-Mi dispiace.-
-Smettila Fitz, non mi dispiace aprirti un barattolo.-
Fitz sa bene che Simmons è
sincera, che non le da’ fastidio
aiutarlo, ma non può fare a meno di scusarsi
per non essere più in grado di fare nulla da solo. Dopo tre mesi di coma, solo
la parte destra della sua persona si è svegliata, la sinistra è rimasta
bloccata in una specie di torpore in cui, ogni tanto,
ha la sensazione di avvertire un debole formicolio.
I medici non sono stati molto ottimisti, dicono anzi, che sia già un miracolo
che non sia rimasto offeso in maniera ben peggiore, ma come un bambino che fa
capricci, al momento non riesce ad immaginare
nulla di peggio di avere metà del corpo paralizzata, sbavare come un San Bernardo per mettere
assieme tre parole e avere un occhio completamente andato.
Simmons gli pulisce la solita candela di saliva che
gli si forma all’angolo sinistro della bocca, quello tirato in maniera
innaturale, usando il pollice e prima di tornare al suo lavoro, gli schiocca un
bacio sulla fronte.
Fitz pensava di non poterla amare di più, ma
evidentemente si sbagliava.
Affonda il cucchiaio nel barattolo di nutella e lo porta alla bocca. La sua
mente, per fortuna, è brillante come sempre
e nonostante non possa più costruire, riesce ancora a progettare - Secondo te dovrei alleggerirla?-
Simmons alza gli occhi dal microscopio su cui è china
e si volta a guardare lo schermo a muro dove Fitz ha
passato le immagini di una nuova pistola ultra leggere ad impulsi - No, direi
di no. A Coulson e Trip andrà benissimo, era Ward quello che si lamentava sempre del peso delle armi.-
Nello stesso momento in cui mette il punto alla sua affermazione, Simmons si rende conto di essere saltata a piedi pari su un
tasto dolente. È da quando Fitz si è svegliato dal
coma che non ha più nominato Ward.
-Non vuoi parlarne?-
-Di cosa?-
Fitz alza gli occhi dallo schermo del suo pc. Simmons lo sta fissando con quella
espressione, quella che vuol dire: so benissimo a cosa pensi.
Stringe i denti e abbassa di nuovo lo sguardo.
Di solito non gli da’ fastidio che Simmons riesca ad
indovinare così bene ogni pensiero che gli passa per la testa, ma qui si parla
di Ward, e di quanto si senta stupido per aver
creduto in lui anche di fronte all’evidenza.

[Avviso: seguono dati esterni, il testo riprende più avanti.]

-- ===== src/Claim/Run.antt =====
-- What the loop of `bind` in include/shmspsc/ShmSpscQueue.h comes to.
use shm_spsc.Base.{
  ℕ, zero, suc, ◌≡◌, true, false, some, List, [], ◌∷◌, ◌++◌, replicate, refl, ◌⊎◌, ◌∙◌, ap, inl,
  inr,
}
use shm_spsc.Base.Int.{ℤ, eq_int, eq_int_iff}
use shm_spsc.Claim.{Kill, Verdict, judge, exchange, Claimed, Attempt, claim, decide, retry}

pub eq_int_self : (v : ℤ) → eq_int v v ≡ true
eq_int_self v = (eq_int_iff v v).1 refl

pub Verdict-cases :
    (j : Verdict) → (j ≡ Verdict.mine) ⊎ (j ≡ Verdict.conflict) ⊎ (j ≡ Verdict.vacant)
Verdict-cases Verdict.mine = inl refl
Verdict-cases Verdict.conflict = inr (inl refl)
Verdict-cases Verdict.vacant = inr (inr refl)

-- What a verdict comes to when the exchange succeeds.
abbrev pub settled : ℤ → Verdict → Claimed
settled v Verdict.mine = Claimed.kept
settled v Verdict.conflict = Claimed.refused v
settled v Verdict.vacant = Claimed.stored

claim-cons :
    (kill : Kill) (self v : ℤ) (a : Attempt) (rest : List Attempt)
    → claim kill self (a ∷ rest) v
      ≡ decide v (judge kill self v) (retry (exchange a.weak a.slot v self) (claim kill self rest))
unfolding claim
claim-cons kill self v a rest = refl

-- With a slot that no other process changes, and after any number of spurious failures, the loop of
-- `bind` ends: it keeps a slot of its own, is refused one of a live process, and takes any other.
pub claim_alone :
    (kill : Kill) (self v : ℤ) (n : ℕ)
    → claim kill self
        (replicate n (record { slot = v; weak = true }) ++ record { slot = v; weak = false } ∷ [])
        v
      ≡ some (settled v (judge kill self v))
unfolding exchange
claim_alone kill self v zero =
    claim-cons kill self v _ _ ∙ (elim (Verdict-cases (judge kill self v)) [
      | inl own ↦ rw own refl
      | inr (inl held) ↦ rw held refl
      | inr (inr free) ↦ rw (free, eq_int_self) refl
    ])
claim_alone kill self v (suc n) =
    claim-cons kill self v _ _ ∙ (elim (Verdict-cases (judge kill self v)) [
      | inl own ↦ rw own refl
      | inr (inl held) ↦ rw held refl
      | inr (inr free) ↦
          rw (free, eq_int_self) (claim_alone kill self v n ∙ ap (λ j. some (settled v j)) free)
    ])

-Sei un brav’uomo Leo.- mormora dolcemente Simmons accarezzandogli i riccetti
biondi –Hai il cuore grande.-
-Ti sbagli Jemma, sono semplicemente uno stupido.-
Simmons scrolla la testa –Credevi in lui.-
-Credevo in una bugia.-
Come regalo di pronta guarigione, Simmons
e Skye gli hanno regalato un paio di scarpe da tennis
con la chiusura a velcro. Fitz le ha osservato
incerto nella scatola, prima di capire. Con una mano sola, non puoi allacciarti
le scarpe da solo.
Eppure ogni mattina, seduto sul letto, ci prova a mettersi le sue vecchie nike e cercare di fare il nodo ai lacci usando solo la mano
destra.
Nonostante sia stata questa sua testardaggine quasi ad ucciderlo, non vuole
rassegnarsi ad una vita di scarpe con la chiusura a velcro come quelle di un bambino.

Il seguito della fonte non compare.